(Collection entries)
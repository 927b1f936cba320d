-- ===== src/CommonLog/Writer.antt =====
-- common-log-module/src/writer.rs: the text of a log line, and the writer's files.
pub mod Escapes
use pandora_web_server.Base.{
  ℕ, ◌+◌, ◌/◌, ◌%◌, Bool, not, ◌&&◌, Option, none, some, Bytes, List, [], ◌∷◌, ◌++◌, codes,
  is_empty, ltb, leb, bytes_eq, ◌==◌, if◌then◌else◌,
}
use pandora_web_server.StandardResponse.{to_string}
use pandora_web_server.CommonLog.Handler.{
  LogToken, no_value, address, port, name, local, iso, request_line, status_code, sent, duration,
  header,
}

abbrev pub hex_digit : ℕ → ℕ
hex_digit d = if ltb d 10 then d + 48 else d + 87

-- 34 is the quotation mark and 92 the backslash.
unfoldable pub is_allowed : ℕ → Bool
is_allowed byte = leb 32 byte && leb byte 126 && not (byte == 34) && not (byte == 92)

-- `write!(buf, "\\x{byte:02x}")`.
unfoldable pub escape_byte : ℕ → Bytes
escape_byte byte = 92 ∷ b'x' ∷ hex_digit (byte / 16) ∷ hex_digit (byte % 16) ∷ []

unfoldable pub escape_bytes : Bytes → Bytes
unfolding is_allowed escape_byte
escape_bytes [] = []
escape_bytes (byte ∷ bytes) =
    let rest = escape_bytes bytes in
    if is_allowed byte then byte ∷ rest else escape_byte byte ++ rest

-- `write_escaped`: what it adds to the buffer.
unfoldable pub write_escaped : Bytes → Bytes
unfolding escape_bytes
write_escaped bytes = (34 ∷ escape_bytes bytes) ++ (34 ∷ [])

-- The texts of the standard library and of the crate chrono: an address is an IP address and
-- a port, or the path of a Unix socket if it has one.
pub data SocketAddr : Type 0 where
  inet : Bytes → ℕ → SocketAddr
  unix : Option Bytes → SocketAddr

pub record Formats (T : Type 0) : Type 0 where
  pub time_local : T → Bytes
  pub time_iso : T → Bytes
  pub milliseconds : T → Bytes

abbrev or_dash : Option Bytes → Bytes
or_dash none = codes "-"
or_dash (some text) = text

module _ {T : Type 0} (formats : Formats T) (time : T) where
  unfoldable pub stringify_token : LogToken SocketAddr T → Bytes
  unfolding to_string write_escaped
  stringify_token no_value = codes "-"
  stringify_token (address (inet ip number)) = ip
  stringify_token (address (unix path)) = or_dash path
  stringify_token (port (inet ip number)) = to_string number
  stringify_token (port (unix path)) = codes "-"
  stringify_token (name text) = write_escaped text
  stringify_token local = codes "[" ++ formats.time_local time ++ codes "]"
  stringify_token iso = codes "[" ++ formats.time_iso time ++ codes "]"
  stringify_token (request_line text) = write_escaped text
  stringify_token (status_code number) = to_string number
  stringify_token (sent number) = to_string number
  stringify_token (duration elapsed) = formats.milliseconds elapsed
  stringify_token (header text) = write_escaped text

  -- The loop, with the buffer: a space is in front of every token but the first.
  unfoldable pub stringify_tokens : Bytes → List (LogToken SocketAddr T) → Bytes
  unfolding stringify_token
  stringify_tokens buf [] = buf
  stringify_tokens buf (token ∷ tokens) =
      stringify_tokens ((if is_empty buf then buf else buf ++ codes " ") ++ stringify_token token)
        tokens

  -- `stringify_data`; 10 is the line feed.
  unfoldable pub stringify_data : List (LogToken SocketAddr T) → Bytes
  unfolding stringify_tokens
  stringify_data tokens = stringify_tokens [] tokens ++ (10 ∷ [])

pub data WriterMessage (T : Type 0) : Type 0 where
  reopen : WriterMessage T
  log_data : T → Bytes → List (LogToken SocketAddr T) → WriterMessage T

-- The open files of the writer, by path, and what was written to the disk. `open_file` and `write`
-- are the file system's: `open_file` gives a handle of type `W`.
pub record FileSystem (W D : Type 0) : Type 0 where
  pub open_file : Bytes → D → W × D
  pub write : W → Bytes → D → D

module _ {T W D : Type 0} (formats : Formats T) (system : FileSystem W D) where
  abbrev get : Bytes → List (Bytes × W) → Option W
  get path [] = none
  get path ((own, file) ∷ files) =
      let later = get path files in if bytes_eq own path then some file else later

  -- `files.entry(path).or_insert_with_key(open_file)`.
  abbrev entry : Bytes → List (Bytes × W) → D → W × List (Bytes × W) × D
  entry path files disk = elim (get path files) [
    | some file ↦ (file, files, disk)
    | none ↦ let (file, disk') = system.open_file path disk in (file, (path, file) ∷ files, disk')
  ]

  -- A turn of the loop of `log_writer`.
  unfoldable pub write_message : WriterMessage T → List (Bytes × W) × D → List (Bytes × W) × D
  unfolding stringify_data
  write_message reopen (files, disk) = ([], disk)
  write_message (log_data time path tokens) (files, disk) =
      let (file, files', disk') = entry path files disk in
      (files', system.write file (stringify_data formats time tokens) disk')

  unfoldable pub log_writer : List (WriterMessage T) → List (Bytes × W) × D → List (Bytes × W) × D
  unfolding write_message
  log_writer [] state = state
  log_writer (m ∷ messages) state = log_writer messages (write_message m state)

EXERCISE INSTRUCTIONS
Write out exactly the lines above from the line with "pub open_file : Bytes → D → W × D" through the line with "unfolding stringify_data", both of them included, and leave out all other lines.

REPLY
  pub open_file : Bytes → D → W × D
  pub write : W → Bytes → D → D

module _ {T W D : Type 0} (formats : Formats T) (system : FileSystem W D) where
  abbrev get : Bytes → List (Bytes × W) → Option W
  get path [] = none
  get path ((own, file) ∷ files) =
      let later = get path files in if bytes_eq own path then some file else later

  -- `files.entry(path).or_insert_with_key(open_file)`.
  abbrev entry : Bytes → List (Bytes × W) → D → W × List (Bytes × W) × D
  entry path files disk = elim (get path files) [
    | some file ↦ (file, files, disk)
    | none ↦ let (file, disk') = system.open_file path disk in (file, (path, file) ∷ files, disk')
  ]

  -- A turn of the loop of `log_writer`.
  unfoldable pub write_message : WriterMessage T → List (Bytes × W) × D → List (Bytes × W) × D
  unfolding stringify_data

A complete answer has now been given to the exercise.